__Your instructions__
Return all lines of the data in which the string "configured" occurs.
◇ ◇ ◇
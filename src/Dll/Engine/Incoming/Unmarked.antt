-- ===== src/Dll/Engine/Incoming/Unmarked.antt =====
-- fish_11_dll/src/engine_registration.rs: lines that are not taken for encrypted ones, among them the
-- topics that the engine itself encrypts for FiSH 10.
use fish.Common.{
  ℕ, ◌==◌, ◌≡◌, refl, ◌∙◌, ap, sym, arith, inl, inr, Bool-cases, true, false, [], ◌∷◌, ◌++◌, Option,
  none, some, Bytes, codes, find_text, starts_with, trim, trim_start, is_whitespace, crlf,
}
use mathlib.Core.List.{reverse, reverse-append, reverse-reverse}
use fish.Env.{Env}
use fish.Config.Models.{FishConfig}
use fish.Config.Access.{free, ret}
use fish.Config.Settings.{get_encryption_prefix}
use fish.Legacy.Cipher.{BlockCipher}
use fish.Legacy.Detection.{is_fish10_message}
use fish.Dll.Engine.Outgoing.{LegacyKeys, encrypted_line}
use fish.Dll.Engine.Incoming.{
  fcep_topic, on_rpl_topic, on_topic, goes_on, decrypt_marked, attempt_decryption,
}

module _ (env : Env) (c : BlockCipher) (legacy_keys : LegacyKeys) (line before text : Bytes)
    (network : Option Bytes) (cfg : FishConfig) (encryption_prefix : Bytes)
    (message : find_text (codes " :") line ≡ some (before, text))
    (no_topic : starts_with fcep_topic text ≡ false) (not_fish10 : is_fish10_message text ≡ false)
    (configured : get_encryption_prefix free cfg ≡ (ret encryption_prefix, cfg))
    (no_mark : starts_with encryption_prefix text ≡ false) where
  rpl_goes_on : on_rpl_topic env c legacy_keys line network free cfg ≡ (ret goes_on, cfg)
  unfolding on_rpl_topic
  rpl_goes_on = ground (arith, message, no_topic, not_fish10)

  topic_goes_on : on_topic env c legacy_keys line network free cfg ≡ (ret goes_on, cfg)
  unfolding on_topic
  topic_goes_on = ground (arith, message, no_topic, not_fish10)

  nothing_marked : decrypt_marked env c legacy_keys line network free cfg ≡ (ret none, cfg)
  unfolding decrypt_marked
  nothing_marked =
      rw (configured, decrypt_marked)
        (rw (message, decrypt_marked)
          (rw (not_fish10, decrypt_marked) (rw (no_mark, decrypt_marked) refl)))

  -- A line whose text behind the first " :" has none of the marks goes on to mIRC as it came, whatever
  -- keys there are, and nothing changes.
  pub attempt_decryption-unmarked :
      attempt_decryption env c legacy_keys line network free cfg ≡ (ret none, cfg)
  unfolding attempt_decryption
  attempt_decryption-unmarked =
      rw (rpl_goes_on, attempt_decryption)
        (rw (topic_goes_on, attempt_decryption) (ground (arith, nothing_marked)))

-- What `trim_start` leaves is the end of the text.
trim_start-suffix : (s : Bytes) → (t : Bytes) × (t ++ trim_start s ≡ s)
unfolding trim_start
trim_start-suffix [] = ([], refl)
trim_start-suffix (x ∷ s) = elim (Bool-cases (is_whitespace x)) [
  | inl e ↦ let (t, eq) = trim_start-suffix s in (x ∷ t, rw (e) (ap (λ u. x ∷ u) eq))
  | inr e ↦ ([], rw (e) refl)
]

-- What trimming at the end leaves is the beginning.
trim_end-prefix : (s : Bytes) → (t : Bytes) × (reverse (trim_start (reverse s)) ++ t ≡ s)
trim_end-prefix s =
    let (t, eq) = trim_start-suffix (reverse s) in
    (
      reverse t,
      sym (reverse-append t (trim_start (reverse s))) ∙ (ap reverse eq ∙ reverse-reverse s),
    )

starts_with-append : (p s t : Bytes) → starts_with p s ≡ true → starts_with p (s ++ t) ≡ true
unfolding starts_with
starts_with-append [] s t h = refl
starts_with-append (x ∷ p) [] t h = ground (arith, h)
starts_with-append (x ∷ p) (y ∷ s) t h = ground (arith, h, starts_with-append p s t)

-- A pattern that the text does not begin with is not at the beginning of a part of it either.
not_at_start : (p s t w : Bytes) → s ++ t ≡ w → starts_with p w ≡ false → starts_with p s ≡ false
not_at_start p s t w eq h = elim (Bool-cases (starts_with p s)) [
  | inr no_start ↦ no_start
  | inl start ↦
      let again : starts_with p (s ++ t) ≡ true = starts_with-append p s t start in
      let whole : starts_with p w ≡ true = rw (← eq) again in cc
]

no_ok_space :
    (x : ℕ) (s : Bytes)
    → (x == 32) ≡ false
    → starts_with (codes "+OK ") (codes "+OK" ++ (x ∷ s)) ≡ false
unfolding starts_with
no_ok_space x s h = ground (arith, h)

no_mcps : (x : ℕ) (s : Bytes) → starts_with (codes "mcps ") (codes "+OK" ++ (x ∷ s)) ≡ false
unfolding starts_with
no_mcps x s = refl

-- "+OK" with anything but a space behind it is no FiSH 10 message.
unrecognised :
    (x : ℕ) (s : Bytes) → (x == 32) ≡ false → is_fish10_message (codes "+OK" ++ (x ∷ s)) ≡ false
unfolding is_fish10_message trim trim_start is_whitespace
unrecognised x s h =
    let w = codes "+OK" ++ (x ∷ s) in
    let u = reverse (trim_start (reverse w)) in
    let (t, eq) = trim_end-prefix w in
    let ok_no : starts_with (codes "+OK ") w ≡ false = no_ok_space x s h in
    let first = not_at_start (codes "+OK ") u t w eq ok_no in
    let second = not_at_start (codes "mcps ") u t w eq (no_mcps x s) in rw (first, second) refl

not_fcep : (x : ℕ) (s : Bytes) → starts_with fcep_topic (codes "+OK" ++ (x ∷ s)) ≡ false
unfolding starts_with
not_fcep x s = refl

-- A topic that the engine encrypts for FiSH 10 is never decrypted by an engine: its mark "+OK" has no
-- space behind it, so for any text that does not begin with a space, where the receiver's prefix is
-- no beginning of what stands behind the first " :", the line goes on to mIRC as it came, whatever
-- keys there are.
pub attempt_decryption-legacy_topic :
    (env : Env) (c : BlockCipher) (legacy_keys : LegacyKeys) (cmd_part before rest : Bytes) (x : ℕ)
    (s own_prefix encryption_prefix : Bytes) (network : Option Bytes) (cfg : FishConfig)
    → let sent = encrypted_line cmd_part own_prefix true (x ∷ s, true) in
      find_text (codes " :") (before ++ sent) ≡ some (rest, codes "+OK" ++ ((x ∷ s) ++ crlf))
      → (x == 32) ≡ false
      → get_encryption_prefix free cfg ≡ (ret encryption_prefix, cfg)
      → starts_with encryption_prefix (codes "+OK" ++ ((x ∷ s) ++ crlf)) ≡ false
      → attempt_decryption env c legacy_keys (before ++ sent) network free cfg ≡ (ret none, cfg)
attempt_decryption-legacy_topic env c legacy_keys cmd_part before rest x s own_prefix
      encryption_prefix network cfg message h configured no_mark =
    attempt_decryption-unmarked env c legacy_keys _ rest (codes "+OK" ++ ((x ∷ s) ++ crlf)) network
      cfg encryption_prefix message (not_fcep x (s ++ crlf)) (unrecognised x (s ++ crlf) h)
      configured no_mark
◇ ◇ ◇
__Exercise answer__
    (configured : get_encryption_prefix free cfg ≡ (ret encryption_prefix, cfg))
      rw (configured, decrypt_marked)
      encryption_prefix network cfg message h configured no_mark =
      configured no_mark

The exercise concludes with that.